UN Secretary General Antonio Guterres, left, and Saudi Minister of Foreign Affairs, Adel al-Jubeir, arrive to hold a joint press conference in the Saudi capital Riyadh on February 12, 2017. (AFP / FAYEZ NURELDINE)
UN Secretary General Antonio Guterres, left, and Saudi Minister of Foreign Affairs, Adel al-Jubeir, arrive to hold a joint press conference in the Saudi capital Riyadh on February 12, 2017. (AFP / FAYEZ NURELDINE)

A watchdog group on Sunday slammed the appointment of Saudi Arabia to a United Nations committee on gender equality, saying it was absurd given the kingdom’s overt discrimination against women.

The UN’s Economic and Social Council (ECOSOC) on Wednesday elected 13 members, including Saudi Arabia, to four-year terms on the Commission on the Status of Women — a committee “exclusively dedicated to the promotion of gender equality and the empowerment of women.”

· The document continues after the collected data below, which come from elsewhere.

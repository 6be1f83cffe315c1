-- ===== src/Peers/Undo.antt =====
-- src/server/peer-service.ts, lines 134 to 148: the clean-up after a creation that failed.
use wireguard_panel.Base.{
  ℕ, Bool, true, false, not, ◌&&◌, List, Option, none, some, Result, ok, err, ◌==◌, if◌then◌else◌,
  any, keep,
}
use wireguard_panel.Base.Text.{Text}
use wireguard_panel.Traffic.Rows.{Archive}
use wireguard_panel.Routeros.Types.{RemoteWireGuardPeer}
use wireguard_panel.Operations.{OperationStatus, fail_operation, failed}
use wireguard_panel.Pools.Rows.{PoolPeer}
use wireguard_panel.Pools.Choose.{release_peer_pool_address}
use wireguard_panel.Peers.World.{
  Drift, World, Failure, call, get_peers, has_remote_id, without_peer, is_record, update_record,
  set_operation,
}
use wireguard_panel.Peers.Handlers.{delete_owned_peer_queue_remote, cleanup_row}

-- `attempt.catch(…)`, which tells whether there was an error.
unfoldable pub was_clean : {A : Type 0} → Result Failure A × World → Bool × World
was_clean (ok a, w) = (true, w)
was_clean (err e, w) = (false, w)

-- `client.getPeers().then(…).catch(() => true)`, negated.
unfoldable pub is_gone : Text → Result Failure (List RemoteWireGuardPeer) × World → Bool × World
is_gone id (ok peers, w) = (not (any (has_remote_id id) peers), w)
is_gone id (err e, w) = (false, w)

-- The clean-up of the router, where the peer was created there; an identifier is never empty.
unfoldable pub cleanup_remote : ℕ → Option Text → World → Bool × World
cleanup_remote peer_id none w = (true, w)
cleanup_remote peer_id (some id) w =
    let queue = was_clean (delete_owned_peer_queue_remote peer_id w) in
    let peer = was_clean (call (without_peer id) queue.1) in
    let gone = is_gone id (get_peers peer.1) in (queue.0 && peer.0 && gone.0, gone.1)

-- `releasePeerPoolAddress` and `DELETE FROM peers`, whose rows of the history and of the drifts go
-- with it; the managed objects stay.
unfoldable pub remove_created : ℕ → World → World
remove_created peer_id w = record w {
  tables = record (release_peer_pool_address peer_id w.tables) {
    peers = keep (λ (p : PoolPeer). not (p.id == peer_id)) w.tables.peers;
  };
  drifts = keep (λ (d : Drift). not (d.peer_id == peer_id)) w.drifts;
  history = keep (λ (entry : ℕ × Archive). not (entry.0 == peer_id)) w.history;
  records = keep (λ p. not (is_record peer_id p)) w.records;
}

-- What is done about the row, by whether the clean-up had no error.
unfoldable pub cleanup_database : ℕ → Bool → World → World
cleanup_database peer_id clean w =
    if w.staged
    then (if clean then remove_created peer_id w else update_record peer_id cleanup_row w)
    else w

-- The `catch` of `createPeer`.
unfoldable pub undo_create : ℕ → World → World
undo_create peer_id w =
    let cleaned = cleanup_remote peer_id w.created_id w in
    let w' = cleanup_database peer_id cleaned.0 cleaned.1 in
    set_operation
      (fail_operation w'.now (if cleaned.0 then failed else OperationStatus.pending_cleanup)) w'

In 2016, Saudi Arabia was ranked 141 out of 144 on the Global Gender Gap Index.

Women in Saudi Arabia are not permitted to drive, and women may not travel, conduct business, or make certain medical decisions without the consent of a male guardian.

Hillel Neuer, executive director of the human rights group UN Watch, condemned the decision of the UN.

Hillel Neuer of UN Watch (Michal Fattal/Flash 90)
Hillel Neuer of UN Watch (Michal Fattal/Flash 90)

“Saudi discrimination against women is gross and systematic in law and in practice,” said Neuer. “Why did the UN choose the world’s leading promoter of gender inequality to sit on its gender equality commission,” he said in a statement.

“Electing Saudi Arabia to protect women’s rights is like making an arsonist into the town fire chief,” he later tweeted.

In January, a UN Special Rapporteur on human rights, Philip Alston, criticized the kingdom for its treatment of women.

“The driving ban should be lifted, and women should no longer need authorization from male guardians to work or travel,” Alston said.

In a 2015 report, the US State Department found the kingdom showed severe discrimination against women.

As there were only 13 candidates for the 13 seats on the council, Saudi Arabia’s election was a foregone conclusion. However, the US insisted on a secret ballot to approve the candidates, rather than automatic unanimous acclimation.

Saudi Arabia received the fewest number of votes, only 47 out of the 54 members voting.